What the task requires
Show every line below where "Option" appears.

Collected data entries
-- ===== src/Logger/Trace.antt =====
-- internal/logger/manager.go: the logger under any sequence of calls.
use tmidb_core.Base.{Option, Text}
use tmidb_core.Base.Dict.{lookup}
use tmidb_core.Logger.{LogLevel, LogConfig, RetentionPolicy, Manager}
use tmidb_core.Logger.Writer.{Disk}
use tmidb_core.Logger.Policies.{
  Opening, new_manager, set_log_policy, enable_stream, disable_stream, get_writer, write_log,
  get_log_policy,
}
use tmidb_core.Logger.Coherence.{
  IsCoherent, get_writer-IsCoherent, write_log-IsCoherent, set_log_policy-IsCoherent,
}

module _ (marshal : Text → LogLevel → Text → Option Text) where
  -- A step of the logger: a call of one of its methods, with any answers of the file system.
  pub data Step (m : Manager) : Manager → Type 0 where
    getting_writer :
        (component : Text) (opening : Opening) → Step m (get_writer component opening m).0
    logging :
        (component : Text) (level : LogLevel) (message : Text) (opening : Opening) (disk : Disk)
        → Step m (write_log marshal component level message opening disk m).0
    setting_policy :
        (component : Text) (policy : RetentionPolicy) → Step m (set_log_policy component policy m)
    enabling : (component : Text) → Step m (enable_stream component m)
    disabling : (component : Text) → Step m (disable_stream component m)

  pub data Reach (m : Manager) : Manager → Type 0 where
    here : Reach m m
    next : {n o : Manager} → Reach m n → Step n o → Reach m o

  Step-IsCoherent : {m n : Manager} → Step m n → IsCoherent m → IsCoherent n
  unfolding enable_stream disable_stream get_log_policy
  Step-IsCoherent {m = m} (getting_writer component opening) all =
      get_writer-IsCoherent component opening m all
  Step-IsCoherent {m = m} (logging component level message opening disk) all =
      write_log-IsCoherent marshal component level message opening disk m all
  Step-IsCoherent {m = m} (setting_policy component policy) all =
      set_log_policy-IsCoherent component policy m all
  Step-IsCoherent (enabling component) all = all
  Step-IsCoherent (disabling component) all = all

  new-IsCoherent : (config : LogConfig) → IsCoherent (new_manager config)
  unfolding new_manager lookup
  new-IsCoherent config j w h = absurd (cc)

  -- Whatever is logged, and whenever policies are set, with whatever answers of the file system:
  -- every writer of a new logger follows the policy that is asked for under its component.
  pub Reach-IsCoherent :
      (config : LogConfig) {m : Manager} → Reach (new_manager config) m → IsCoherent m
  Reach-IsCoherent config here = new-IsCoherent config
  Reach-IsCoherent config (next r s) = Step-IsCoherent s (Reach-IsCoherent config r)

Solution to this exercise
use tmidb_core.Base.{Option, Text}
module _ (marshal : Text → LogLevel → Text → Option Text) where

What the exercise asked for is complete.